On Mad Money, Cramer answered these questions. Even though there is corruption from time to time, no, the stock market is not rigged. Stocks beat bonds and are certainly a better investment idea than leaving money in a bank account or inside a bed mattress. What can protect investors from manipulation and fluctuation? The answer is dividends, because "dividends, unlike people, do not lie."
In the last five years, the S&P 500 is down .9% and the Dow is up 3.4%. Looking at the same indexes from the perspective of dividends, the S&P is up 10% in the last 5 years and the Dow has risen 17.8%. In the last 20 years the S&P 500 is up 244% and the Dow is up 301%, while according to dividends, the same indexes are up 425% and 529% respectively. Dividend increases are usually a good sign that business is good and a stock is likely to roll higher, so looking at yields, in this sense, provides a double benefit.
Even when a stock drops, its dividend can rise significantly. Eaton (ETN) at its lowest point last year yielded 5.1% and its stock price has since doubled. Chevron's (CVX) dividend was 4.7% when it dropped, and has since climbed 82 points. Emerson's yield was 5% at its low point, but has rallied 109% in the last year. "Dividends cannot be manipulated," Cramer emphasized, "Because they are cold, hard cash."
Cramer credited a young student in the class who said World Wrestling Entertainment (WWE) was a great stock , and Cramer added what makes WWE great is that it is going higher and it yields a fat 8%.
After Apple's (OTC:APPL) "unbelievable" quarter, it shouldn't come as a surprise to anyone that the mobile internet is here to stay. But there's one problem; Apple's iPhone and iPad are clogging up broadband. "We need more tech behind Apple’s phones and Ciena (CIEN) has it."
Cramer recommended Ciena in December 2008 at $6 as a speculative stock, and it has tripled since then. He doesn't think Ciena is finished. Analysts worry about Ciena's purchase of Nortel's (OTC:NRTLQ) bankrupt optical networking business, but Cramer sees a combined company that will be the third largest equipment player with 18 to 25 of the largest telecom companies as clients and with a 10-12% growth rate. Although Ciena will take on quite a load of debt, Cramer feels certain the company can more than pull it off, and spoke with CEO Gary Smith about Ciena's prospects.

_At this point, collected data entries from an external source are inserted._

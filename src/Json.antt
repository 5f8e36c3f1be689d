-- ===== src/Json.antt =====
-- `canonical_json` of marcel/security/audit.py with what it uses of Python's json.dumps: keys sorted,
-- no spaces, texts escaped only where they must be. Each writer puts its text before the one that it is
-- given.
pub mod Chars
pub mod Texts
pub mod Digits
pub mod Numbers
pub mod Read
pub mod Sizes
pub mod RoundTrip
pub mod Canonical
pub mod Order
mod Tests
use Prim.Native.Char.{Char, code}
use Prim.Native.String
use marcel_arch.Prelude.{
  ℕ, zero, suc, ◌+◌, ◌/◌, ◌%◌, String, Bool, true, false, ◌==◌, ltb, nat_eq, codes, if◌then◌else◌,
}
use marcel_arch.Prelude.Int.{ℤ, pos, negsuc}
use marcel_arch.Value.{
  Value, null, bool, int, float, str, list, dict, Items, nil, cons, Fields, end, field,
}
use marcel_arch.Engine.{before}
use marcel_arch.Json.Chars.{ascii}

-- `sort_keys=True`: a dict comes in the order of the code points of its keys, at every depth.
unfoldable pub insert_field : String → Value → Fields → Fields
unfolding before
insert_field k v end = field k v end
insert_field k v (field j u rest) =
    if before (codes j) (codes k)
    then field j u (insert_field k v rest)
    else field k v (field j u rest)

unfoldable mutual
  unfolding insert_field

  pub sort_value : Value → Value
  sort_value (list xs) = list (sort_items xs)
  sort_value (dict fs) = dict (sort_fields fs)
  sort_value v = v

  pub sort_items : Items → Items
  sort_items nil = nil
  sort_items (cons x xs) = cons (sort_value x) (sort_items xs)

  pub sort_fields : Fields → Fields
  sort_fields end = end
  sort_fields (field k v rest) = insert_field k (sort_value v) (sort_fields rest)

-- A digit below 16.
unfoldable pub digit_char : ℕ → Char
digit_char n = ascii (if ltb n 10 then 48 + n else 87 + n)

-- One character of a text: a quote, a backslash and the control characters are escaped.
unfoldable pub write_char : Char → String → String
unfolding digit_char
write_char c t =
    if nat_eq (code c) 34
    then String.◌∷◌ "\\" (String.◌∷◌ "\"" t)
    else if nat_eq (code c) 92
    then String.◌∷◌ "\\" (String.◌∷◌ "\\" t)
    else if nat_eq (code c) 10
    then String.◌∷◌ "\\" (String.◌∷◌ "n" t)
    else if nat_eq (code c) 13
    then String.◌∷◌ "\\" (String.◌∷◌ "r" t)
    else if nat_eq (code c) 9
    then String.◌∷◌ "\\" (String.◌∷◌ "t" t)
    else if nat_eq (code c) 8
    then String.◌∷◌ "\\" (String.◌∷◌ "b" t)
    else if nat_eq (code c) 12
    then String.◌∷◌ "\\" (String.◌∷◌ "f" t)
    else if ltb (code c) 32
    then String.◌∷◌ "\\" (
        String.◌∷◌ "u" (
          String.◌∷◌ "0" (
            String.◌∷◌ "0"
              (String.◌∷◌ (digit_char (code c / 16)) (String.◌∷◌ (digit_char (code c % 16)) t)))))
    else String.◌∷◌ c t

unfoldable pub write_chars : String → String → String
unfolding write_char
write_chars String.[] t = t
write_chars (String.◌∷◌ c s) t = write_char c (write_chars s t)

unfoldable pub write_text : String → String → String
unfolding write_chars
write_text s t = String.◌∷◌ "\"" (write_chars s (String.◌∷◌ "\"" t))

-- The text as it is.
unfoldable pub write_raw : String → String → String
write_raw String.[] t = t
write_raw (String.◌∷◌ c s) t = String.◌∷◌ c (write_raw s t)

-- Each round drops a digit, so `suc n` rounds are enough for `n`.
unfoldable pub write_digits : ℕ → ℕ → String → String
unfolding digit_char
write_digits zero n t = t
write_digits (suc f) n t =
    let longer = String.◌∷◌ (digit_char (n % 10)) t in
    let rest = write_digits f (n / 10) longer in if ltb n 10 then longer else rest

unfoldable pub write_int : ℤ → String → String
unfolding write_digits
write_int (pos n) t = write_digits (suc n) n t
write_int (negsuc n) t = String.◌∷◌ "-" (write_digits (suc (suc n)) (suc n) t)

-- The repr of a float, but for the three that are no numbers of JSON.
unfoldable pub float_text : String → String
float_text s =
    if s == "nan"
    then "NaN"
    else if s == "inf"
    then "Infinity"
    else if s == "-inf"
    then "-Infinity"
    else s

unfoldable mutual
  unfolding write_text write_raw write_int float_text

  pub write_value : Value → String → String
  write_value null t = write_raw "null" t
  write_value (bool true) t = write_raw "true" t
  write_value (bool false) t = write_raw "false" t
  write_value (int n) t = write_int n t
  write_value (float s) t = write_raw (float_text s) t
  write_value (str s) t = write_text s t
  write_value (list nil) t = String.◌∷◌ "[" (String.◌∷◌ "]" t)
  write_value (list (cons x xs)) t = String.◌∷◌ "[" (write_value x (write_items xs t))
  write_value (dict fs) t = String.◌∷◌ "{" (write_dict fs t)

  -- The items behind the first.
  pub write_items : Items → String → String
  write_items nil t = String.◌∷◌ "]" t
  write_items (cons x xs) t = String.◌∷◌ "," (write_value x (write_items xs t))

  pub write_dict : Fields → String → String
  write_dict end t = String.◌∷◌ "}" t
  write_dict (field k v rest) t =
      write_text k (String.◌∷◌ ":" (write_value v (write_fields rest t)))

  -- The fields behind the first.
  pub write_fields : Fields → String → String
  write_fields end t = String.◌∷◌ "}" t
  write_fields (field k v rest) t =
      String.◌∷◌ "," (write_text k (String.◌∷◌ ":" (write_value v (write_fields rest t))))

unfoldable pub canonical_json : Fields → String
unfolding sort_fields write_value
canonical_json value = write_value (dict (sort_fields value)) ""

Gary Smith spoke about the importance of the acquisition:
Well, Ciena before was a really specialist player in basically facilitating the internet. As you say, sort of the circulatory system for the internet and the mobile networks. Now, with this acquisition it gives us global scale. And we are the number one in North America. As you say, number three globally. It gives us the ability to invest and to scale the networks up for our customers.
Smith dismissed worries about debt through the acquisition, because the company currently has a large cash position and a clean balance sheet. The mobile internet revolution is at the early stages and the main task ahead is to improve bandwidth. Smith concluded:
Really now you have got a business model where people are making money on the internet, for sure. And you people are paying for real capacity, where before it turned out there was not real capacity being used by users... The business models have matured and I think that is the difference now.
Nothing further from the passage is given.